**PROBLEM STATEMENT:**
Start at the line below containing "(usable : law.usable p ≡ true) where" and stop at the line containing "unfolding cfs_file_stat to_size". Repeat every line of that stretch exactly, and nothing outside it.

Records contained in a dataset
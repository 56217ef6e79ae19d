-- ===== src/Cfs/Create.antt =====
-- What `cfs_create_file` and `cfs_file_stat` of cfs/src/cfs.c promise each other.
use fusefs_block.Base.{
  ℕ, ◌+◌, ◌<◌, ◌≤◌, ◌≡◌, refl, ap, ◌∙◌, true, none, some, arith, [], ◌∷◌, ◌++◌, ℤ, pos, int_or,
  to_int, to_size, length, length-take, length-drop, take, drop, of_word, word_bytes, word_value,
  bytes_eq, Bytes, CString,
}
use fusefs_block.Posix.{Posix, M, rd_only, wr_only, ◌>>=◌, ◌>>◌}
use fusefs_block.Posix.View.{View, moved, stored, put_file, put_file_self, put_file-put_file}
use fusefs_block.Posix.Overwrite.{overwrite_end}
use fusefs_block.Posix.Laws.{IsPosix, owner_rw}
use fusefs_block.Posix.Runs.{Ends, Runs, Runs-pure, Runs-bind, Runs-seq, Runs-cast}
use fusefs_block.Posix.Calls.{Runs-open_creating, Runs-open_existing}
use fusefs_block.Io.{s_write, s_read}
use fusefs_block.Io.Write.{written, s_write_all}
use fusefs_block.Io.Held.{holding, at_offset, find_held, moved_held, held-s_read}
use fusefs_block.Storage.{read_only}
use fusefs_block.Cfs.{CfsFile, Garbage, magic, magic_size, off_size, off_bytes, overlay, c_string}
use fusefs_block.Cfs.File.{cfs_create_file, cfs_file_stat, create_exclusive, magic_text}
use fusefs_block.Cfs.Header.{size_field, blocks_field, length-size_field, length-blocks_field}
use fusefs_block.Cfs.Register.{put_off-whole}

module _ {os : Posix} (law : IsPosix os) {signals : ℕ} (v : View) (fd : ℕ) (p : CString) where
  -- A write at the end of a file that has been opened for writing, before other calls.
  held-append :
      {B : Type 0} {k : M os.State B} {b : B} {x : View} (fuel o : ℕ) (c bs : Bytes)
      → o ≡ length c
      → 0 < length bs
      → length bs + signals < fuel
      → Runs law signals k (holding (stored v p (some (c ++ bs))) fd p wr_only (o + length bs)) b x
      → Runs law signals
          (s_write os fuel (pos fd) bs >> k)
          (holding (stored v p (some c)) fd p wr_only o)
          b
          x
  unfolding ◌>>◌ ◌>>=◌
  held-append {B} {k} {b} {x} fuel o c bs at_end some_bytes enough r = record {
    from = λ s e calm.
        let w =
          s_write_all law fuel fd bs (holding (stored v p (some c)) fd p wr_only o)
            (at_offset p wr_only o) p c s (find_held (stored v p (some c)) fd p wr_only o) refl refl
            (put_file_self p (some c) v.files) e calm some_bytes enough in
        let q = r.from w.ends.after (w.ends.shows ∙ reached) w.ends.calm in
        record {
          after = q.after;
          returns = rw (w.ends.returns, ◌>>◌, ◌>>=◌) q.returns;
          shows = q.shows;
          calm = q.calm;
        };
  }
    where
      reached :
          written (holding (stored v p (some c)) fd p wr_only o) fd (at_offset p wr_only o) p c bs
          ≡ holding (stored v p (some (c ++ bs))) fd p wr_only (o + length bs)
      reached =
          ap (λ f. moved (holding (record v { files = f }) fd p wr_only o) fd (o + length bs))
            (put_file-put_file p _ _ v.files
              ∙ ap (λ t. put_file p (some t) v.files) (overwrite_end c o bs at_end))
          ∙ moved_held (stored v p (some (c ++ bs))) fd p wr_only o (o + length bs)

-- The header of a new file: the magic string with its terminator, and twice the number 0.
unfoldable pub new_header : Bytes
new_header = (magic ++ (0 ∷ [])) ++ off_bytes (pos 0) ++ off_bytes (pos 0)

-- A file that begins as CFS files do, with room for the two numbers.
pub record HasMagic (c : Bytes) : Type 0 where
  pub magic_first : take 7 c ≡ magic ++ (0 ∷ [])
  pub long : 23 ≤ length c

module _ {os : Posix} (law : IsPosix os) {signals : ℕ} (fuel : ℕ) (v : View) (p : CString) where
  pub Runs-cfs_create_file :
      (mode : ℕ)
      → law.creatable p mode ≡ true
      → v.files p ≡ none
      → 8 + signals < fuel
      → Runs law signals
          (cfs_create_file os fuel p mode)
          v
          (pos (law.fresh v))
          (holding (stored v p (some new_header)) (law.fresh v) p wr_only 23)
  unfolding cfs_create_file new_header off_bytes word_bytes to_size
  Runs-cfs_create_file mode creatable absent enough =
      let fd = law.fresh v in
      Runs-bind _ (Runs-open_creating law v p create_exclusive mode creatable absent refl) (
        held-append law v fd p fuel 0 [] (magic ++ (0 ∷ [])) refl (omega arith) (omega arith) (
          held-append law v fd p fuel 7 _ (off_bytes (pos 0)) refl (omega arith) (omega arith) (
            held-append law v fd p fuel 15 _ (off_bytes (pos 0)) refl (omega arith) (omega arith)
              (Runs-pure _ _))))

module _ {os : Posix} (law : IsPosix os) {signals : ℕ} (fuel : ℕ) (v : View) (p : CString)
    (usable : law.usable p ≡ true) where
  pub Runs-cfs_file_stat :
      (garbage : Garbage) (stat_buf : CfsFile) (c : Bytes)
      → v.files p ≡ some c
      → HasMagic c
      → 8 + signals < fuel
      → Runs law signals
          (cfs_file_stat os fuel garbage p stat_buf)
          v
          (
            pos 8,
            record stat_buf {
              size = of_word 64 (word_value (size_field c));
              total_blocks = of_word 64 (word_value (blocks_field c));
            },
          )
          (holding v (law.fresh v) p rd_only 23)
  unfolding cfs_file_stat to_size to_int int_or bytes_eq magic_text overlay c_string
  Runs-cfs_file_stat garbage stat_buf c h has enough =
      let fd = law.fresh v in
      Runs-bind _ (Runs-open_existing law v p read_only 0 usable h refl) (
        Runs-bind _ (held-read_magic fd) (
          Runs-bind _ (held-read_field fd 7 (omega arith)) (
            Runs-bind _ (held-read_field fd 15 (omega arith)) (
              Runs-cast
                (λ i. (
                  pos 8,
                  record stat_buf {
                    size =
                        put_off-whole stat_buf.size (size_field c) (length-size_field c has.long) i;
                    total_blocks =
                        put_off-whole stat_buf.total_blocks (blocks_field c)
                          (length-blocks_field c has.long) i;
                  },
                ))
                refl (Runs-pure _ _)))))
    where
      held-read_magic :
          (fd : ℕ)
          → Runs law signals
              (s_read os fuel (pos fd) magic_size)
              (holding v fd p rd_only 0)
              (pos 7, magic ++ (0 ∷ []))
              (holding v fd p rd_only 7)
      held-read_magic fd =
          Runs-cast (ap (λ t. (pos (length t), t)) has.magic_first)
            (ap (λ t. holding v fd p rd_only (0 + length t)) has.magic_first)
            (held-s_read law v fd p rd_only 0 fuel 7 h refl (omega arith))

      held-read_field :
          (fd o : ℕ)
          → o + 8 ≤ length c
          → Runs law signals
              (s_read os fuel (pos fd) off_size)
              (holding v fd p rd_only o)
              (pos 8, take 8 (drop o c))
              (holding v fd p rd_only (o + 8))
      held-read_field fd o within =
          let len : length (take 8 (drop o c)) ≡ 8 =
            omega (arith, length-take 8 (drop o c), length-drop o c) in
          Runs-cast (ap (λ n. (pos n, take 8 (drop o c))) len)
            (ap (λ n. holding v fd p rd_only (o + n)) len)
            (held-s_read law v fd p rd_only o fuel 8 h refl enough)

pub new_header-HasMagic : HasMagic new_header
unfolding new_header off_bytes word_bytes to_size
new_header-HasMagic = record { magic_first = refl; long = omega arith }

-- Both numbers of a new file are 0.
pub new_header_zeros :
    let numbers : ℤ × ℤ = (
      of_word 64 (word_value (size_field new_header)),
      of_word 64 (word_value (blocks_field new_header)),
    ) in
    numbers ≡ (pos 0, pos 0)
unfolding new_header off_bytes word_bytes to_size word_value
new_header_zeros = refl

-- A file that `cfs_create_file` makes, where there was none, is a CFS file of size 0 without
-- blocks to `cfs_file_stat`, whose result is 8, whatever short writes and reads and
-- interruptions happen. Afterwards the new file is the only one that changed. Two more
-- descriptors are open: the one that `cfs_create_file` returns to its caller, and one of
-- `cfs_file_stat`, which nothing returns. The mode lets the owner read and write; the path is in
-- a directory that the process may change, and a file there may be opened for reading; and the
-- fuel is above 8 and the pending signals together.
pub stat-create :
    {os : Posix} (law : IsPosix os) (signals fuel : ℕ) (s : os.State) (path : CString) (mode : ℕ)
    (garbage : Garbage) (stat_buf : CfsFile)
    → law.usable path ≡ true
    → owner_rw mode ≡ true
    → (law.view s).files path ≡ none
    → law.pending s ≤ signals
    → 8 + signals < fuel
    → let created : View =
        holding
          (stored (law.view s) path (some new_header))
          (law.fresh (law.view s))
          path
          wr_only
          23 in
      Ends law signals
        (cfs_create_file os fuel path mode >> cfs_file_stat os fuel garbage path stat_buf)
        s
        (pos 8, record stat_buf { size = pos 0; total_blocks = pos 0 })
        (holding created (law.fresh created) path rd_only 23)
stat-create law signals fuel s path mode garbage stat_buf usable owner absent calm enough =
    (Runs-seq
        (Runs-cfs_create_file law fuel (law.view s) path mode
          (law.usable_creatable path mode usable owner) absent enough)
        (Runs-cast
          (ap (λ (z : ℤ × ℤ). (pos 8, record stat_buf { size = z.0; total_blocks = z.1 }))
            new_header_zeros)
          refl
          (Runs-cfs_file_stat law fuel _ path usable garbage stat_buf new_header
            (put_file_self _ _ _) new_header-HasMagic enough))).from
      s refl calm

**RESPONSE:**
    (usable : law.usable p ≡ true) where
  pub Runs-cfs_file_stat :
      (garbage : Garbage) (stat_buf : CfsFile) (c : Bytes)
      → v.files p ≡ some c
      → HasMagic c
      → 8 + signals < fuel
      → Runs law signals
          (cfs_file_stat os fuel garbage p stat_buf)
          v
          (
            pos 8,
            record stat_buf {
              size = of_word 64 (word_value (size_field c));
              total_blocks = of_word 64 (word_value (blocks_field c));
            },
          )
          (holding v (law.fresh v) p rd_only 23)
  unfolding cfs_file_stat to_size to_int int_or bytes_eq magic_text overlay c_string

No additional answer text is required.